# Hello



## stelyn27 (Oct 30, 2014)

I,m a Brit who was living in Wisconsin, and after a job opportunity now find myself in Kamata (Ota?).
I was part of the expat USA group, and now i'm here.
I've been here for 2 weeks another 24 to go (possibly 50 if the contract goes well)
if there is any advice you can give me i'd be grateful.
Two things of the top of my head, i do eat local (always will) but where can i get baked beans from? nice easy pre drink grub.

Thanks 

Steve


----------



## larabell (Sep 10, 2007)

You can do a web search for the Foreign Buyers Club. I buy beans there by the case but since you're not here all that long, you might want to see if they have single cans in the Kobe store. A case takes 6~8 weeks to arrive but anything they have on hand in Kobe they can send up pretty quickly.

There are a number of markets that deal in imported goods. The one I hit on occasion (when I crave something I can't get here) is National Azabu in Hiroo. Kinda hard to spot from the station so search for their web site before you go. You can also try a chain store called Meidi-ya. There's one of those in Hiroo as well... and there used to be one in Ginza but I haven't been over there for a long time.
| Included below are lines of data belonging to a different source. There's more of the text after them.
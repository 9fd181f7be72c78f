-- ===== src/Os.antt =====
-- What the driver uses of the packages os, os/exec, path/filepath, time and golang.org/x/sys/unix:
-- parameters of the model, over the state `W` of the node. The children model the helpers of
-- pkg/vcloud/utils.go that stand on them.
pub mod Files
pub mod Waiting
use csi_driver_bs.Base.{
  ℕ, Bool, true, false, Option, none, some, List, Result, ok, err, if◌then◌else◌,
}
use csi_driver_bs.Base.Int.{ℤ}
use csi_driver_bs.Text.{Text}

-- A Go error: its text, whether `os.IsNotExist` holds of it, and the exit code of an `ExitError`.
pub record OsError : Type 0 where
  pub message : Text
  pub not_exist : Bool
  pub exit_code : Option ℤ

-- The error of a `fmt.Errorf`.
abbrev pub errorf : Text → OsError
errorf message = record { message = message; not_exist = false; exit_code = none }

pub record FileInfo : Type 0 where
  pub perm : ℕ
  pub is_device : Bool

-- The fields of `Statfs_t`, each as its 64 bits.
pub record Statfs : Type 0 where
  pub bavail : ℕ
  pub blocks : ℕ
  pub bsize : ℕ
  pub ffree : ℕ
  pub files : ℕ

pub record Os (W : Type 0) : Type 0 where
  pub stat : Text → W → Result OsError FileInfo × W
  pub statfs : Text → W → Result OsError Statfs × W
  -- `os.Open`, and what reading then gives: the bytes before the end or the first error, and that
  -- error.
  pub open_file : Text → W → Result OsError (Text × Option OsError) × W
  pub read_file : Text → W → Result OsError Text × W
  pub read_dir : Text → W → Result OsError (List Text) × W
  pub mkdir_all : Text → ℕ → W → Option OsError × W
  pub remove_all : Text → W → Option OsError × W
  pub remove : Text → W → Option OsError × W
  pub chmod : Text → ℕ → W → Option OsError × W
  -- `exec.Command(name, args...)` with `Output()` and with `CombinedOutput()`.
  pub output : Text → List Text → W → (Text × Option OsError) × W
  pub combined_output : Text → List Text → W → (Text × Option OsError) × W
  pub sleep : ℕ → W → W
  -- Where a timer of so many nanoseconds fires before a function that was started in the
  -- background is done: the state at that moment.
  pub fires_first : (W → Option OsError × W) → ℕ → W → Option W
  pub dir : Text → Text
  pub duration_text : ℕ → Text

-- `os.IsNotExist(err)` of a call's result, false where there is no error.
abbrev pub is_not_exist {ℓ} : {A : Type ℓ} → Result OsError A → Bool
is_not_exist (ok _) = false
is_not_exist (err e) = e.not_exist

-- The error of a mount point check, if it is not for a path that does not exist.
abbrev pub hard_error : Option OsError → Option OsError
hard_error none = none
hard_error (some e) = if e.not_exist then none else some e

-- Whether it is for a path that does not exist.
abbrev pub soft_error : Option OsError → Bool
soft_error none = false
soft_error (some e) = e.not_exist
You said two things but I only saw one.

Anyway... welcome to Japan.


----------



## stelyn27 (Oct 30, 2014)

Sorry i was doing quick typing, malt vinegar was the other.


----------



## larabell (Sep 10, 2007)

Aha... Same recommendation. National Azabu is where I go to get white vinegar when I make Mexican salsa (not so often these days). Using sushi vinegar doesn't quite cut it ).


----------



## Harrygatto (Feb 22, 2013)

Go to the National supermarket at Den en Chofu, it sells Heinz baked beans and malt vinegar and is easy to get to from Kamata.


----------



## stelyn27 (Oct 30, 2014)

Thanks, i'll give that a try at the weekend.


----------



## jrwelker (Nov 17, 2014)

Amazon.co.jp has lots of folks who shop at Costco and then resell goods still quite cheaply, all things considered. Not sure about baked beans or malt vinegar but I'd be surprised if someone wasn't selling those on Amazon. (I've even seen Trader Joe's wasabi senbe on there! Talk about coals to Newcastle.)


----------